From the first line of the data through the line containing "sent_by (open_call now", return each line exactly.

━━━ Records provided ━━━

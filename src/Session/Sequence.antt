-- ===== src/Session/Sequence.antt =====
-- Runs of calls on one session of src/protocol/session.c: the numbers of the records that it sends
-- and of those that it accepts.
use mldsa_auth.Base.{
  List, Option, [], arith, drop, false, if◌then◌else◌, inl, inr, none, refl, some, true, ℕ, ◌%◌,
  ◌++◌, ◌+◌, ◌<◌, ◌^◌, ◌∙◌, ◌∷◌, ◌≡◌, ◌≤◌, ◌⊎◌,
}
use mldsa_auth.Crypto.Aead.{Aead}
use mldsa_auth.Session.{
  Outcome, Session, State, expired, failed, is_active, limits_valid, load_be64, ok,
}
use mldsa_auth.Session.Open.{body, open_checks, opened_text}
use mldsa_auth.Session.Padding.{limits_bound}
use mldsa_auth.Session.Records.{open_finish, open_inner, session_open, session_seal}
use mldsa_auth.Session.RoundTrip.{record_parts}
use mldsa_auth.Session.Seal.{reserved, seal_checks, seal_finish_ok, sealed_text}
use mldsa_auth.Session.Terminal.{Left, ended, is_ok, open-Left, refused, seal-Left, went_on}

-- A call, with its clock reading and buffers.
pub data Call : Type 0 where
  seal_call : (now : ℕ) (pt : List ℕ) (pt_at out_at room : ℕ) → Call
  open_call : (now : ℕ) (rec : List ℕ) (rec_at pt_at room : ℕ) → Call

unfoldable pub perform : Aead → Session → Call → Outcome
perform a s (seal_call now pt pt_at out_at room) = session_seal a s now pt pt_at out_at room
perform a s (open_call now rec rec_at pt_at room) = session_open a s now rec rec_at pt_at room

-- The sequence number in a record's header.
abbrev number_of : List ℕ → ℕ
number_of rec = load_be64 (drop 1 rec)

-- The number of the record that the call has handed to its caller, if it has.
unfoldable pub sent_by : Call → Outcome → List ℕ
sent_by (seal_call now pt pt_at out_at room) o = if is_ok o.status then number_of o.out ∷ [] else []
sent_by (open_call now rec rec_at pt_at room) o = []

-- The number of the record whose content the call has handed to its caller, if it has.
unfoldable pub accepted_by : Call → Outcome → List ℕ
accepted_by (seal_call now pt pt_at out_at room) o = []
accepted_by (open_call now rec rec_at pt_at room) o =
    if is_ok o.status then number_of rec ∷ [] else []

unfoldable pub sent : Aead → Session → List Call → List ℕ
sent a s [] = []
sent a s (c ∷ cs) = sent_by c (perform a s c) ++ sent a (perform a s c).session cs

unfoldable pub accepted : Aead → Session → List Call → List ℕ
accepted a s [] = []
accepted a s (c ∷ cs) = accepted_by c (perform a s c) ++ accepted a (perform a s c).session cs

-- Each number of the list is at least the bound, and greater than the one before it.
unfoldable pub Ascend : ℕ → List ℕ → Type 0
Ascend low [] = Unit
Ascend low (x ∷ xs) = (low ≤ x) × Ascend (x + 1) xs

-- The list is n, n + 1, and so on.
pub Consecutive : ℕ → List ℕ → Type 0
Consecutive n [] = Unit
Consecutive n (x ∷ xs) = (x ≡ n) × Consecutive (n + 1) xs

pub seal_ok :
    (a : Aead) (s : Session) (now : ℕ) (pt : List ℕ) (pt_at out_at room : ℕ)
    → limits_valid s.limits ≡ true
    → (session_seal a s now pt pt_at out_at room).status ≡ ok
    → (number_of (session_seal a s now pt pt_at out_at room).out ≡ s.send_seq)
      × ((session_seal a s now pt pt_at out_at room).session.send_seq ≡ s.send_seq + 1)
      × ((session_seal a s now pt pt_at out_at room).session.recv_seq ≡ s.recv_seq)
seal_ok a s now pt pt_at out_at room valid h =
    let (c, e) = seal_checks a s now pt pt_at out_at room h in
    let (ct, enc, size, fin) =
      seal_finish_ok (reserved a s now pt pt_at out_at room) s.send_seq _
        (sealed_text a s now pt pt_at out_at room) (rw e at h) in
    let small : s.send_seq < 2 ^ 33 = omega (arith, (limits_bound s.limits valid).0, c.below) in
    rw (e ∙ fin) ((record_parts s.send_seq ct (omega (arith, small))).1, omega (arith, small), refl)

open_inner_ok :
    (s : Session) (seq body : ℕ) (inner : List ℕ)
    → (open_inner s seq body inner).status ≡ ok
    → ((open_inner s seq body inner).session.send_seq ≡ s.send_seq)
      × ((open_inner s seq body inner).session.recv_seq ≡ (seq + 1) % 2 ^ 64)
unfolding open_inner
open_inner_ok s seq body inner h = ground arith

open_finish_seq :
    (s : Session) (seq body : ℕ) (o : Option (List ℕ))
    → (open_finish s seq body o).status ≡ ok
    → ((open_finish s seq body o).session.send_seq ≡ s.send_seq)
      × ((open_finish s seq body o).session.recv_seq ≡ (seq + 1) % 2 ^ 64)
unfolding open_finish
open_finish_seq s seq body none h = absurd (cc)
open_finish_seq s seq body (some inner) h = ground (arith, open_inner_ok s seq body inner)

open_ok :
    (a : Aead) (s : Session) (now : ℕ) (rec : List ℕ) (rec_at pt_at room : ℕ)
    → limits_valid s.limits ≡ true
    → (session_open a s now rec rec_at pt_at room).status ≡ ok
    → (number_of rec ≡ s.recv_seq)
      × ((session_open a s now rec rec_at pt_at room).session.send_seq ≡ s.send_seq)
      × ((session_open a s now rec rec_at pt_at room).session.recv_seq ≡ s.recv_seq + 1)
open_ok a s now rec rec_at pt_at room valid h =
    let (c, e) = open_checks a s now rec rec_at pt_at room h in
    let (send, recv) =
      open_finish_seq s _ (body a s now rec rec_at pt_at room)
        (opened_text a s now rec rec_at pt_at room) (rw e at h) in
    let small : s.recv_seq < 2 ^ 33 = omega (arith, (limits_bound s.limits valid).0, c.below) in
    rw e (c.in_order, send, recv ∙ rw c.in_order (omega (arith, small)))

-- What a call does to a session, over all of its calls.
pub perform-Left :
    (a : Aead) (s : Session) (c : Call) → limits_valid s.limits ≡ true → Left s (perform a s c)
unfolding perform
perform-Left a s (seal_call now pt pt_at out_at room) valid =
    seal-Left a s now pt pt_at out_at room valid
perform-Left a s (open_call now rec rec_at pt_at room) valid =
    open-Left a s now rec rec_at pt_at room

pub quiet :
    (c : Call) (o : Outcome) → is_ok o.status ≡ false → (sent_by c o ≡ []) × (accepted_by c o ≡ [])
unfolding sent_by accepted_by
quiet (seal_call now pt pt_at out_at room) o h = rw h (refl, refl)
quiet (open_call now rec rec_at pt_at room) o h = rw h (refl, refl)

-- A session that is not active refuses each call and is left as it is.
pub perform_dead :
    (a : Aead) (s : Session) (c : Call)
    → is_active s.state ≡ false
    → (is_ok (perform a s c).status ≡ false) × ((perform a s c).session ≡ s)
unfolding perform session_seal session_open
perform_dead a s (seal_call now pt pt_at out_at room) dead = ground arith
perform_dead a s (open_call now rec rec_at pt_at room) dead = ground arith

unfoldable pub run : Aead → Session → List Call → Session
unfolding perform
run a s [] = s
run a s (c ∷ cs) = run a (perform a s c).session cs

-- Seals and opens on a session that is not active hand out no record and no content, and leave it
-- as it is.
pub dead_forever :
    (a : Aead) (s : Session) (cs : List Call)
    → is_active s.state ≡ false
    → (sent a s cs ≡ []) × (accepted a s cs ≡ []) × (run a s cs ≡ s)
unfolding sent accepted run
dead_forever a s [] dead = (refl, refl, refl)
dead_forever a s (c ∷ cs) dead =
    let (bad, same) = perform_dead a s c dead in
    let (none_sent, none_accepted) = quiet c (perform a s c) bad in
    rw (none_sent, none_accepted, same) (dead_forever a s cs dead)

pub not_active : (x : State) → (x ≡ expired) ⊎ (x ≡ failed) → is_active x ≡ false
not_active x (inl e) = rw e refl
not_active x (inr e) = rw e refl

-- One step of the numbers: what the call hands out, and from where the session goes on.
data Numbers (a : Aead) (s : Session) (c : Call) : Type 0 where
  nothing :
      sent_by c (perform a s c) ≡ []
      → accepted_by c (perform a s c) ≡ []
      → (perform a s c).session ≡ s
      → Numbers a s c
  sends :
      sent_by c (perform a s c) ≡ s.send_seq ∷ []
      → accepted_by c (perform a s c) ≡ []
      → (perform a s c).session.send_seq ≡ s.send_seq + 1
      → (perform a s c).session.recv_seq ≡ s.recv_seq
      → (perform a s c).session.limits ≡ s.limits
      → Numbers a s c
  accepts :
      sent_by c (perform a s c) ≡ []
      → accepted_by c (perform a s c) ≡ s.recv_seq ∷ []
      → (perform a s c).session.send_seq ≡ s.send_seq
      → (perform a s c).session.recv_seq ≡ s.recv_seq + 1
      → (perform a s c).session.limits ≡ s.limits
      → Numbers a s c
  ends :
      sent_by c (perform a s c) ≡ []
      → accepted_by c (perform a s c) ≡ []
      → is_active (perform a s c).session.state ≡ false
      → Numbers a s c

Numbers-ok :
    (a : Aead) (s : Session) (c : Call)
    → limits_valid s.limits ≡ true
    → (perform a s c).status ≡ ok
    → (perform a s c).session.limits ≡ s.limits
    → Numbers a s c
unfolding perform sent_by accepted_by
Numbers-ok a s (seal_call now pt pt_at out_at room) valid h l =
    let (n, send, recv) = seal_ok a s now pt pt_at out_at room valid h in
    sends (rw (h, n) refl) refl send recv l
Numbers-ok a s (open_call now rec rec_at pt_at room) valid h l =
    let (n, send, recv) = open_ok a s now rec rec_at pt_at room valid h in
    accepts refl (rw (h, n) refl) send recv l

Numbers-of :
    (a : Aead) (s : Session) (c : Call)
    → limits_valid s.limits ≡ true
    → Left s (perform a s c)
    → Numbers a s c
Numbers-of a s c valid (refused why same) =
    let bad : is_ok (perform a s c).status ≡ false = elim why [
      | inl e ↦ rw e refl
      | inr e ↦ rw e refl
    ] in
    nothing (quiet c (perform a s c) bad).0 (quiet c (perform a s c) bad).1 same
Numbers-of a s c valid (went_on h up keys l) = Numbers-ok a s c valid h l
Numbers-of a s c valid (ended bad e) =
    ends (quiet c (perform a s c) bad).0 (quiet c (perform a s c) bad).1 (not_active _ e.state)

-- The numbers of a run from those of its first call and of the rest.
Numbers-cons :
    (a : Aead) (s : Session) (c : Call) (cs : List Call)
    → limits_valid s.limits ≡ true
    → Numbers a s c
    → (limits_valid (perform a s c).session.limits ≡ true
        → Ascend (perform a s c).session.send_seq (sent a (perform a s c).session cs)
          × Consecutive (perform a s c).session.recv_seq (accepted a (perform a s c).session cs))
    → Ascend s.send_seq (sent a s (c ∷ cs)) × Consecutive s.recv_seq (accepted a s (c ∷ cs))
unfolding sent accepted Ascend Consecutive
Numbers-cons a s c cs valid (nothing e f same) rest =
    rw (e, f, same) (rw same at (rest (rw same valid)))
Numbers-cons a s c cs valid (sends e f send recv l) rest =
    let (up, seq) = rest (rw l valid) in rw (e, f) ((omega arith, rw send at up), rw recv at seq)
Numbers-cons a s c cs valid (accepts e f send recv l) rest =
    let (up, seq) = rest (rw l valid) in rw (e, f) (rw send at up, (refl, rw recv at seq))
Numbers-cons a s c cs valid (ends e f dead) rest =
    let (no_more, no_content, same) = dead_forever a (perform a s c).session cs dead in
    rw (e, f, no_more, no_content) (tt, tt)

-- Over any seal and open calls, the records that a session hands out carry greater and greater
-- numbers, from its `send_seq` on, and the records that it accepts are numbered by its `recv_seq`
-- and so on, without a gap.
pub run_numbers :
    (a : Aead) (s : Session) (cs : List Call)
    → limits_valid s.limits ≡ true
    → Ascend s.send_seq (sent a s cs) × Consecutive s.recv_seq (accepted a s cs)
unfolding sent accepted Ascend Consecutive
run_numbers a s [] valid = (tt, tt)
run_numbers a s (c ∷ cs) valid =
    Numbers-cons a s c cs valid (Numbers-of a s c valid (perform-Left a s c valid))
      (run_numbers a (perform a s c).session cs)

━━━

## Solution
filename src/Session/Sequence.antt
-- ===== src/Session/Sequence.antt =====
-- Runs of calls on one session of src/protocol/session.c: the numbers of the records that it sends
-- and of those that it accepts.
use mldsa_auth.Base.{
  List, Option, [], arith, drop, false, if◌then◌else◌, inl, inr, none, refl, some, true, ℕ, ◌%◌,
  ◌++◌, ◌+◌, ◌<◌, ◌^◌, ◌∙◌, ◌∷◌, ◌≡◌, ◌≤◌, ◌⊎◌,
}
use mldsa_auth.Crypto.Aead.{Aead}
use mldsa_auth.Session.{
  Outcome, Session, State, expired, failed, is_active, limits_valid, load_be64, ok,
}
use mldsa_auth.Session.Open.{body, open_checks, opened_text}
use mldsa_auth.Session.Padding.{limits_bound}
use mldsa_auth.Session.Records.{open_finish, open_inner, session_open, session_seal}
use mldsa_auth.Session.RoundTrip.{record_parts}
use mldsa_auth.Session.Seal.{reserved, seal_checks, seal_finish_ok, sealed_text}
use mldsa_auth.Session.Terminal.{Left, ended, is_ok, open-Left, refused, seal-Left, went_on}

-- A call, with its clock reading and buffers.
pub data Call : Type 0 where
  seal_call : (now : ℕ) (pt : List ℕ) (pt_at out_at room : ℕ) → Call
  open_call : (now : ℕ) (rec : List ℕ) (rec_at pt_at room : ℕ) → Call

unfoldable pub perform : Aead → Session → Call → Outcome
perform a s (seal_call now pt pt_at out_at room) = session_seal a s now pt pt_at out_at room
perform a s (open_call now rec rec_at pt_at room) = session_open a s now rec rec_at pt_at room

-- The sequence number in a record's header.
abbrev number_of : List ℕ → ℕ
number_of rec = load_be64 (drop 1 rec)

-- The number of the record that the call has handed to its caller, if it has.
unfoldable pub sent_by : Call → Outcome → List ℕ
sent_by (seal_call now pt pt_at out_at room) o = if is_ok o.status then number_of o.out ∷ [] else []
sent_by (open_call now rec rec_at pt_at room) o = []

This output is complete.